Barrier:
When Success Leads to Failure: Is the way we teach and shape leaders fundamentally broken?
Over the last few decades, the MBA program in particular has been heralded as giving us highly trained (or trainable) industry leaders. If you examine the web locations for most EMBA or MBA web locations, one or the whole focus of the different marketing materials suggest that these programs, indeed, are the best at producing robust corporate leaders. As the MBA diploma has proliferated over the last few decades, it’s defendable that we as an industry have been altogether successful at producing high quality managers for a great long while.
Even so, if you further examine the curricula and pedagogy across MBA programs, they are remarkably similar; and in many ways, pretty much identical (baring the differences among & between the different faculty members teaching at the different campuses). Programmatically, the way each program is shaped is slightly variable, but largely describable in about a half to a dozen different permutations.

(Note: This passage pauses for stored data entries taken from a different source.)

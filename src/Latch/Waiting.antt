-- ===== src/Latch/Waiting.antt =====
-- The order of calls that the scheduler keeps: a lock in a waiting list neither acquires nor gives back
-- a key until it is woken. The waiting lists then hold what the search of `releaseSlot` relies on.
use client_go.Base.{
  ℕ, ◌≡◌, refl, ◌∙◌, sym, ap, ◌⊎◌, inl, inr, Bool-cases, ltb, Option, none, some, List, [], ◌∷◌,
  ◌++◌, Bytes,
}
use client_go.Latch.{
  Request, Node, Latch, AcquireResult, acquire_locked, find_node, is_free, recycled, acquire_found,
  acquire_latch,
}
use client_go.Latch.Table.{Latches, update, after_acquire}
use client_go.Latch.Queue.{recycled-waiting}
use client_go.Latch.Holders.{if_same, nat_dec}
use client_go.Latch.Runs.{Contains}

-- The lock is in no waiting list.
abbrev pub NotWaiting : Latches → ℕ → Type 0
NotWaiting s i = (at : ℕ) → ¬ Contains i (s.slots at).waiting

abbrev pub Once : List ℕ → Type 0
Once [] = Unit {0}
Once (i ∷ waiting) = (¬ Contains i waiting) × Once waiting

-- The next key that is wanted is there, and is one of the slot.
abbrev pub NextAt : List Request → ℕ → Type 0
NextAt [] at = ⊥
NextAt (r ∷ rest) at = r.slot_id ≡ at

-- A lock is in a waiting list once, and waits there for a key of the slot.
pub record Waits (s : Latches) : Type 0 where
  pub once : (at : ℕ) → Once (s.slots at).waiting
  pub next : (at i : ℕ) → Contains i (s.slots at).waiting → NextAt (s.locks i).wanted at

pub NextAt-unique : (rs : List Request) (a b : ℕ) → NextAt rs a → NextAt rs b → a ≡ b
NextAt-unique [] a b h k = elim h [ ]
NextAt-unique (r ∷ rest) a b h k = sym h ∙ k

-- Who waits after a lock was put behind the others.
pub split_last : (i j : ℕ) (js : List ℕ) → Contains i (js ++ (j ∷ [])) → Contains i js ⊎ (i ≡ j)
split_last i j [] (inl e) = inr e
split_last i j [] (inr h) = inl h
split_last i j (k ∷ js) (inl e) = inl (inl e)
split_last i j (k ∷ js) (inr h) = elim (split_last i j js h) [
  | inl before ↦ inl (inr before)
  | inr last ↦ inr last
]

pub Once-append : (i : ℕ) (js : List ℕ) → ¬ Contains i js → Once js → Once (js ++ (i ∷ []))
Once-append i [] n o = ((λ h. elim h [ ]), tt)
Once-append i (j ∷ js) n o = (
  λ h. elim (split_last j i js h) [ inl before ↦ o.0 before | inr last ↦ n (inl (sym last)) ],
  Once-append i js (λ h. n (inr h)) o.1,
)

abbrev pub Queues : Latch → ℕ → Latch × AcquireResult → Type 0
Queues l lock p =
    (p.0.waiting ≡ l.waiting) ⊎ ((p.1 ≡ acquire_locked) × (p.0.waiting ≡ l.waiting ++ (lock ∷ [])))

found-Queues :
    (l : Latch) (lock : ℕ) (key : Bytes) (ts : ℕ) (o : Option Node)
    → Queues l lock (acquire_found l lock key ts o)
unfolding acquire_found
found-Queues l lock key ts none = inl refl
found-Queues l lock key ts (some n) = elim (Bool-cases (ltb ts n.max_commit_ts)) [
  | inl stale ↦ rw stale (inl refl)
  | inr fresh ↦ elim (Bool-cases (is_free n.value)) [
    | inl free ↦ rw (fresh, free) (inl refl)
    | inr busy ↦ rw (fresh, busy) (inr (refl, refl))
  ]
]

pub acquire_latch-Queues :
    (l : Latch) (lock : ℕ) (key : Bytes) (ts : ℕ) → Queues l lock (acquire_latch l lock key ts)
unfolding acquire_latch
acquire_latch-Queues l lock key ts =
    let l' : Latch = recycled ts l in
    elim (found-Queues l' lock key ts (find_node l'.queue key)) [
      | inl same ↦ inl (same ∙ recycled-waiting ts l)
      | inr (locked, behind) ↦
          inr (locked, behind ∙ ap (λ (ws : List ℕ). ws ++ (lock ∷ [])) (recycled-waiting ts l))
    ]

module _ (s : Latches) (i : ℕ) (r : Request) (rest : List Request) (p : Latch × AcquireResult)
    (w : Waits s) (absent : NotWaiting s i) (wants : (s.locks i).wanted ≡ r ∷ rest)
    (queues : Queues (s.slots r.slot_id) i p) where
  abbrev pub attempted : Latches
  attempted = record {
    slots = update s.slots r.slot_id p.0;
    locks = update s.locks i (after_acquire (s.locks i) r rest p.1);
  }

  queue-Once : Once p.0.waiting
  queue-Once = elim queues [
    | inl same ↦ rw same (w.once r.slot_id)
    | inr (locked, behind) ↦
        rw behind (Once-append i (s.slots r.slot_id).waiting (absent r.slot_id) (w.once r.slot_id))
  ]

  -- A lock that waits now waited before, or is the one that has to wait.
  queue_next :
      (at j : ℕ)
      → Contains j (attempted.slots at).waiting
      → Contains j (s.slots at).waiting ⊎ ((j ≡ i) × (r.slot_id ≡ at) × (p.1 ≡ acquire_locked))
  queue_next at j h = elim (nat_dec r.slot_id at) [
    | inr other ↦ inl (rw other at h)
    | inl here ↦
        let queued : Contains j p.0.waiting = rw (if_same r.slot_id at here) at h in
        elim queues [
          | inl same ↦ inl (rw (← here) (rw same at queued))
          | inr (locked, behind) ↦
              elim (split_last j i (s.slots r.slot_id).waiting (rw behind at queued)) [
                | inl before ↦ inl (rw (← here) before)
                | inr last ↦ inr (last, here, locked)
              ]
        ]
  ]

  pub attempted-Waits : Waits attempted
  unfolding after_acquire
  attempted-Waits = record {
    once = λ at. elim (nat_dec r.slot_id at) [
      | inl here ↦ rw (if_same r.slot_id at here) queue-Once
      | inr other ↦ rw other (w.once at)
    ];
    next = λ at j h. elim (queue_next at j h) [
      | inl before ↦ elim (nat_dec i j) [
        | inl same ↦ absurd (absent at (rw same before))
        | inr other ↦ rw other (w.next at j before)
      ]
      | inr (last, here, locked) ↦ rw (if_same i j (sym last), locked) (rw wants here)
    ];
  }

The broad assumption, because of the overlap and redundancy, and frankly imitation and replication of leadership training and MBA curricular design across large swaths of our industry suggests that the way we are doing it IS the way to train leaders for a broad number of industries. However, might this not be a case where our collective success over time, ultimately, has led us dangerously close to failure?
Frankly, leadership training (and perhaps the MBA as a whole) has become stale. We have become complacent. We haven’t demanded more innovation from our MBA programs all the while we claim we demand it from our students. It is arguable that the leadership that our “top” programs have sent into the word – the very same programs that brought us the heads of Enron, AIG, Lehman Brothers, brought us Credit Default Swaps and the Mortgage melt down – is proof positive of this claim – that the way we teach leadership and train leaders is fundamentally broken.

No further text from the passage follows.